From the above discussion, the key ingredient that determines the nuclear radius of \(^{31}\)F is considered to be the energy gap between the \(p_{3/2}\) orbit and the \(f_{7/2}\) orbit in \(^{30}\)F. The formation of the halo structure in \(^{31}\)F depends on whether the energy gap is large enough to overcome the energy loss of the nucleon-nucleon interaction part. This situation in general occurs for systems that the valence particle orbitals are inverted, i.e. a smaller angular momentum orbit lies below a higher angular momentum orbit. As the energy gap decreases, neutrons begin to occupy the orbit with the higher angular momentum, and the nucleon-nucleon interaction part gives larger contribution to overcome the energy loss from the gap. As a result, the radius becomes small even for a small separation energy. We consider this mechanism is a novel anti-halo effect.

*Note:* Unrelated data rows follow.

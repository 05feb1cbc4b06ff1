-- ===== src/Sx/Sound.antt =====
-- The forms that `Sx::read` of src/sexpr.rs returns, what it consumes, and its fuel.
use aipl.Base.{
  ℕ, zero, suc, ◌+◌, ◌*◌, ◌<◌, ◌≡◌, ◌≢◌, ◌↔◌, refl, ap, List, [], ◌∷◌, ◌++◌, append_assoc,
  append-nil, Option, none, some, Result, ok, err, ◌>>=◌, length, arith, subst,
}
use aipl.Token.{Token}
use aipl.Sx.{
  Sx, Items, atom, list, Bracket, paren, square, Shape, opens, closes, plain, shape, flatten,
  flatten_items,
}
use aipl.Sx.Reader.{
  ReadError, out_of_fuel, read, read_items, Inside, closer, other_closer, item, inside, fuel_for,
  whole, read_whole, find_split, map_err, read_one,
}
use mathlib.Core.Logic.{◌⊎◌, inl, inr}
use aipl.Sx.RoundTrip.{
  read-plain, read-opens, read_items-closes, read_items-item, IsWell, well_atom, well_list, AreWell,
  well_nil, well_cons, lengths, read_one-flatten,
}

-- The run kept within its fuel, and `P` holds of its value if it has one.
pub data Ensures {ℓ} {A : Type 0} (P : A → Type ℓ) : Result ReadError A → Type ℓ where
  holds : {a : A} → P a → Ensures P (ok a)
  rejected : {e : ReadError} → e ≢ out_of_fuel → Ensures P (err e)

module _ {ℓ κ} {A B : Type 0} {P : A → Type ℓ} {Q : B → Type κ} where
  Ensures-bind :
      {r : Result ReadError A} {f : A → Result ReadError B}
      → Ensures P r
      → ((a : A) → P a → Ensures Q (f a))
      → Ensures Q (r >>= f)
  Ensures-bind (holds {a} h) k = k a h
  Ensures-bind (rejected n) k = rejected n

-- A token that closes the list it stands in closes its bracket.
closer-closes : (b : Bracket) (s : Shape) → inside b s ≡ closer → s ≡ closes b
closer-closes paren (closes paren) h = refl
closer-closes square (closes square) h = refl
closer-closes b s h = ground arith

abbrev Read : List Token → Sx × List Token → Type 0
Read ts (sx, rest) = IsWell sx × (ts ≡ flatten sx ++ rest)

abbrev ReadItems : Bracket → List Token → Items × Token × List Token → Type 0
ReadItems b ts (xs, close, rest) =
    AreWell xs × (shape close.kind ≡ closes b) × (ts ≡ flatten_items xs ++ close ∷ rest)

length-flatten_pos : (x : Sx) → 0 < length (flatten x)
unfolding flatten
length-flatten_pos (atom t) = omega arith
length-flatten_pos (list t xs close) = omega arith

Shape-cases :
    (s : Shape) → (s ≡ plain) ⊎ ((b : Bracket) × (s ≡ opens b)) ⊎ ((b : Bracket) × (s ≡ closes b))
Shape-cases (opens b) = inr (inl (b, refl))
Shape-cases (closes b) = inr (inr (b, refl))
Shape-cases plain = inl refl

Inside-cases : (i : Inside) → (i ≡ closer) ⊎ (i ≡ other_closer) ⊎ (i ≡ item)
Inside-cases closer = inl refl
Inside-cases other_closer = inr (inl refl)
Inside-cases item = inr (inr refl)

mutual
  unfolding read flatten

  read-Ensures : (f : ℕ) (ts : List Token) → 2 * length ts < f → Ensures (Read ts) (read f ts)
  read-Ensures zero ts h = absurd (omega arith)
  read-Ensures (suc f) [] h = rejected (cc)
  read-Ensures (suc f) (t ∷ ts) h = elim (Shape-cases (shape t.kind)) [
    | inl p ↦ rw (read-plain f t ts p) (holds (well_atom p, refl))
    | inr (inl (b, p)) ↦ rw (read-opens f t ts b p) (
        Ensures-bind (read_items-Ensures f t b ts (omega arith))
          λ (xs, close, rest) (w, q, e). holds (well_list b p q w, simp (e, append_assoc)))
    | inr (inr (b, p)) ↦ rw (p, read) (rejected (cc))
  ]

  read_items-Ensures :
      (f : ℕ) (o : Token) (b : Bracket) (ts : List Token)
      → 2 * length ts + 1 < f
      → Ensures (ReadItems b ts) (read_items f o b ts)
  read_items-Ensures zero o b ts h = absurd (omega arith)
  read_items-Ensures (suc f) o b [] h = rejected (cc)
  read_items-Ensures (suc f) o b (t ∷ ts) h = elim (Inside-cases (inside b (shape t.kind))) [
    | inl p ↦
        rw (read_items-closes f t ts o b p)
          (holds (well_nil, closer-closes b (shape t.kind) p, refl))
    | inr (inl p) ↦ rw (p, read_items) (rejected (cc))
    | inr (inr p) ↦ rw (read_items-item f t ts o b p) (
        Ensures-bind (read-Ensures f (t ∷ ts) (omega arith)) λ (x, rest) (wx, e).
          Ensures-bind
            (read_items-Ensures f o b rest (omega (lengths, ap length e, length-flatten_pos x)))
            λ (xs, close, after) (w, q, e'). holds (well_cons wx w, q, simp (e, e', append_assoc)))
  ]

-- With enough fuel the reader fails with one of its messages, or returns a well-bracketed form and has
-- consumed exactly its tokens.
pub read_sound :
    (f : ℕ) (ts : List Token)
    → 2 * length ts < f
    → Ensures (λ (sx, rest). IsWell sx × (ts ≡ flatten sx ++ rest)) (read f ts)
read_sound = read-Ensures

abbrev Reads : List Token → Sx → Type 0
Reads ts s = IsWell s × (ts ≡ flatten s)

whole-Ensures :
    (ts : List Token) (sx : Sx) (rest : List Token)
    → IsWell sx
    → ts ≡ flatten sx ++ rest
    → Ensures (Reads ts) (whole (sx, rest))
whole-Ensures ts sx [] w e = holds (w, rw append-nil at e)
whole-Ensures ts sx (t ∷ rest) w e = rejected (cc)

read_whole-Ensures : (ts : List Token) → Ensures (Reads ts) (read_whole ts)
unfolding read_whole
read_whole-Ensures ts =
    Ensures-bind (read_sound (fuel_for ts) ts (omega arith))
      λ (sx, rest) (w, e). whole-Ensures ts sx rest w e

map_err-Ensures :
    {P : Sx → Type 0} {r : Result ReadError Sx} (o : Option Token)
    → Ensures P r
    → Ensures P (map_err o r)
map_err-Ensures o (holds h) = holds h
map_err-Ensures none (rejected n) = rejected n
map_err-Ensures (some t) (rejected n) = rejected (cc)

read_one-Ensures : (ts : List Token) → Ensures (Reads ts) (read_one ts)
unfolding read_one
read_one-Ensures ts = map_err-Ensures (find_split ts) (read_whole-Ensures ts)

Ensures-ok : {P : Sx → Type 0} {r : Result ReadError Sx} {s : Sx} → Ensures P r → r ≡ ok s → P s
Ensures-ok {P} (holds h) e = subst P (cc) h
Ensures-ok (rejected n) e = cc

Ensures-fuel : {P : Sx → Type 0} {r : Result ReadError Sx} → Ensures P r → r ≢ err out_of_fuel
Ensures-fuel (holds h) e = cc
Ensures-fuel (rejected n) e = n (cc)

-- Every input is read or refused with one of the program's messages: the fuel always suffices.
pub read_one-ne-out_of_fuel : (ts : List Token) → read_one ts ≢ err out_of_fuel
read_one-ne-out_of_fuel ts = Ensures-fuel (read_one-Ensures ts)

-- The reader accepts exactly the token lists of well-bracketed forms, and returns the form.
pub read_one-eq-ok_iff :
    (ts : List Token) (s : Sx) → (read_one ts ≡ ok s) ↔ (IsWell s × (ts ≡ flatten s))
read_one-eq-ok_iff ts s = (Ensures-ok (read_one-Ensures ts), λ (w, e). rw e (read_one-flatten s w))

Finally, in addition to the anti-halo effect, we investigate the possibility of the di-neutron like localization in \(^{31}\)F. The correlation between the neutron-neutron distance \(r_{12}^\mathrm{rms} \equiv \sqrt{ \langle {\varvec{r}}_{12}^{2} \rangle }\) and distance from the core to the center of mass of valence neutrons \(R_{c}^\mathrm{rms} \equiv \sqrt{ \langle {\varvec{R}}_{c}^{2} \rangle }\) is shown in Fig. 3. If the ratio of \(r_{12}^\mathrm{rms}\) to \(R_{c}^\mathrm{rms}\) deviates from the line, for example, in the case of a small \(r_{12}^\mathrm{rms}\) and a large \(R_{c}^\mathrm{rms}\), the neutrons are supposed to have a di-neutron like localization. However, the correlation becomes very strong as \(r_{xy} = 0.997\), which is almost the liner correlation, and it is difficult to find a possibility of the di-neutron like localization for the parameter sets of this calculation.

4 Summary

We study the structure of \(^{31}\)F, which is the dripline nucleus of the fluorine isotopes, using COSM with GEM in a \(^{29}\)F+n+n three-body model. Since there is an ambiguity to determine the \(^{29}\)F+n potential, the strength parameter of WS can be changed by keeping the consistency for \(^{31}\)Ne and \(^{30}\)F. The correlation analysis is performed from the results using the 12 different parameter sets by keeping the consistency. As a result, we found that a key ingredient to determine the nuclear radius of \(^{31}\)F is the energy gap between the \(p_{3/2}\) orbit and \(f_{7/2}\) orbit in \(^{30}\)F. This is considered as a general condition for other nuclei near the dripline, where the valence orbits are inverted, and it is expected that the cross over of the halo structure and the occurrence of the anti-halo effect can be determined by the energy gap between these inverted valence orbits.